Task item: Scan the entries below for the word "none", then copy each line that holds it.

Information shown:
---
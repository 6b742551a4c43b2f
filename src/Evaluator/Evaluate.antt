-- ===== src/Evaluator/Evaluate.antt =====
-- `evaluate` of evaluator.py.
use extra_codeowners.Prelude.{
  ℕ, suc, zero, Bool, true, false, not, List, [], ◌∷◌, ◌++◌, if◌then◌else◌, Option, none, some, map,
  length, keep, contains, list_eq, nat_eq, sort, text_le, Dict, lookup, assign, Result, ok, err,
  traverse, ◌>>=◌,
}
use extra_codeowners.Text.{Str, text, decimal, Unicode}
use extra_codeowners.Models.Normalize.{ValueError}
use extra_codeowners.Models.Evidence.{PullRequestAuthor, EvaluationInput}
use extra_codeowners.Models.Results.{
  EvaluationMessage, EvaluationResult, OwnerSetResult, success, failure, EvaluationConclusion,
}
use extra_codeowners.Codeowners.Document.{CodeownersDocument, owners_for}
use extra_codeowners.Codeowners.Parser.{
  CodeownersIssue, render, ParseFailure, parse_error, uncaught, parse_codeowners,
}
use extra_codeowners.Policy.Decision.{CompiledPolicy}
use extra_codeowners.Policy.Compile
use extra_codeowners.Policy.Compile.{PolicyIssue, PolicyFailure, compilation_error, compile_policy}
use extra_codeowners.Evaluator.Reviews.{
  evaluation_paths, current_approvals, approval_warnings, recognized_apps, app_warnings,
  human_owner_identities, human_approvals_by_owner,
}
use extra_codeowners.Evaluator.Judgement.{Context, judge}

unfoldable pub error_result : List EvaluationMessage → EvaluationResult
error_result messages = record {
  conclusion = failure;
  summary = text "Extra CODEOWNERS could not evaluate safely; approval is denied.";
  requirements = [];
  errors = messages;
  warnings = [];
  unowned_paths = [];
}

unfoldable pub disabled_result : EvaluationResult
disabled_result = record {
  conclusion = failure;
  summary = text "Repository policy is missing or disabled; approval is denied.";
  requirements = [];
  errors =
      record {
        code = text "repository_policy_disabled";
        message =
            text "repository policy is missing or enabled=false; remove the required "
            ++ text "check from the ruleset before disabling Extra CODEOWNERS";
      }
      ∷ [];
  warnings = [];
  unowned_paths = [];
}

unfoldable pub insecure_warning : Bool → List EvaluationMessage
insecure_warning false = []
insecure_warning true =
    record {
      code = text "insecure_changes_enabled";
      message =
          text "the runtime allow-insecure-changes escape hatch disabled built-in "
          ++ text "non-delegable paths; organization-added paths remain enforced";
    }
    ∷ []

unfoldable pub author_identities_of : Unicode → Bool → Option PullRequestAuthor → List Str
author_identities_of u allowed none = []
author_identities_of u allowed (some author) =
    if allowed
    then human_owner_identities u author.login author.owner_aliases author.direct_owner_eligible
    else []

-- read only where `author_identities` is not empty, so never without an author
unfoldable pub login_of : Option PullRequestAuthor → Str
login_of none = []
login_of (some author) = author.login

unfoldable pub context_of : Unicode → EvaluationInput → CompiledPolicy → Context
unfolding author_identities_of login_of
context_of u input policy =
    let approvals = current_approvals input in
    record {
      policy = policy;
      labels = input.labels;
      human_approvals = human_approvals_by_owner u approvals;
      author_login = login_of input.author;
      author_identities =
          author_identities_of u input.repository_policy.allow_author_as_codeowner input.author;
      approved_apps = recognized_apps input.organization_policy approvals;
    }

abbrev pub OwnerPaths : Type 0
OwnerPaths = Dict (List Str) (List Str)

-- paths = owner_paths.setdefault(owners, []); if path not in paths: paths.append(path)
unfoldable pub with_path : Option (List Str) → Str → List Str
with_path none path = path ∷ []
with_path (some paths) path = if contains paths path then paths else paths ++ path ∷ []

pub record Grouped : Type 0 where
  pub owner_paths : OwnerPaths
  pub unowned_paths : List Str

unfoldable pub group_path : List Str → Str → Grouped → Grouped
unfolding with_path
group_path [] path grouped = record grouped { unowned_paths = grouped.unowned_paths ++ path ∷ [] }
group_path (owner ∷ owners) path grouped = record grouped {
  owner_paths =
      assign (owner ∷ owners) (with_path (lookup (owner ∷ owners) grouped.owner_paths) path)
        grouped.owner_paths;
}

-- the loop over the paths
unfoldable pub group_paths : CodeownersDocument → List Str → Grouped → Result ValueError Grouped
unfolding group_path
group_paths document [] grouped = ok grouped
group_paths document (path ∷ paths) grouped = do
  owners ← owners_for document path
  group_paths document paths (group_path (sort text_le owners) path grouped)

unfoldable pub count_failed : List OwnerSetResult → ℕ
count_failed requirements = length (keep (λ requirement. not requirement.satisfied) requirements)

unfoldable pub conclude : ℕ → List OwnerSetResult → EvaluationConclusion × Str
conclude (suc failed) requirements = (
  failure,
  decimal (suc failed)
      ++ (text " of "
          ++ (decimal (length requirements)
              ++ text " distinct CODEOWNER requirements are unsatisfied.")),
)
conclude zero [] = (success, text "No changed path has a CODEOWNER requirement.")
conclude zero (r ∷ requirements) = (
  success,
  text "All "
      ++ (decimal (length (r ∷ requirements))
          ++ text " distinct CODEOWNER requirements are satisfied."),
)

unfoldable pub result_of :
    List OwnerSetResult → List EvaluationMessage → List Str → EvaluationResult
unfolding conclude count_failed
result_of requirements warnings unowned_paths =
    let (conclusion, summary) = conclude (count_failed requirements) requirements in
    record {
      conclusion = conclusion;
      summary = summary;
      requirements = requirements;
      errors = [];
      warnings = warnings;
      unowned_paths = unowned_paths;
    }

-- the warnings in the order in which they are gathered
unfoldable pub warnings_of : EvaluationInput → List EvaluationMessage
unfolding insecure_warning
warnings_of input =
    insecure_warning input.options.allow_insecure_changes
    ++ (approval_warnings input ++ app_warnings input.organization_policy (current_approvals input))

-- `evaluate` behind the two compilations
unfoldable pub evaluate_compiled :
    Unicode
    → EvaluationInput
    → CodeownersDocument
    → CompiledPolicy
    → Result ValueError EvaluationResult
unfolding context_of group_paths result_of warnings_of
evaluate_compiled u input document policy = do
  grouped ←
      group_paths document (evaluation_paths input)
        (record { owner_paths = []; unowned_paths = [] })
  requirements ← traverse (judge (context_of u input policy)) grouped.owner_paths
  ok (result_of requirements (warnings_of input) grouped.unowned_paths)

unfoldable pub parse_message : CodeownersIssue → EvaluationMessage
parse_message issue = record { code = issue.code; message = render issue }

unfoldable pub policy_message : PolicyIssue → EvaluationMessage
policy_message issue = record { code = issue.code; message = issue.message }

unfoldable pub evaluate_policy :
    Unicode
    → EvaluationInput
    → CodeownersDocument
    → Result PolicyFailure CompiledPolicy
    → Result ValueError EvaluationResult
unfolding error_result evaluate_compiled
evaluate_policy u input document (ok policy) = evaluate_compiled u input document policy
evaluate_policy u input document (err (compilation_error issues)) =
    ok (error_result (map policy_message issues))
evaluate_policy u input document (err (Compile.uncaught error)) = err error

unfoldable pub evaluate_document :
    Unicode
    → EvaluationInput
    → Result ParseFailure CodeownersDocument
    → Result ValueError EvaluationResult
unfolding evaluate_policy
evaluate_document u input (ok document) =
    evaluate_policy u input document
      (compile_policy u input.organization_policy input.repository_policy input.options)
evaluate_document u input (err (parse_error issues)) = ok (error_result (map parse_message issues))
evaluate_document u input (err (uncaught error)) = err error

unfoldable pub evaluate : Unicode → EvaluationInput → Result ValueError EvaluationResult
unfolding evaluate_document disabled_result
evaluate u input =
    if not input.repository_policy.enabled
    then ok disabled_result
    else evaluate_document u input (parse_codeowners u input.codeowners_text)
---
Task result:
  ℕ, suc, zero, Bool, true, false, not, List, [], ◌∷◌, ◌++◌, if◌then◌else◌, Option, none, some, map,
author_identities_of u allowed none = []
login_of none = []
with_path none path = path ∷ []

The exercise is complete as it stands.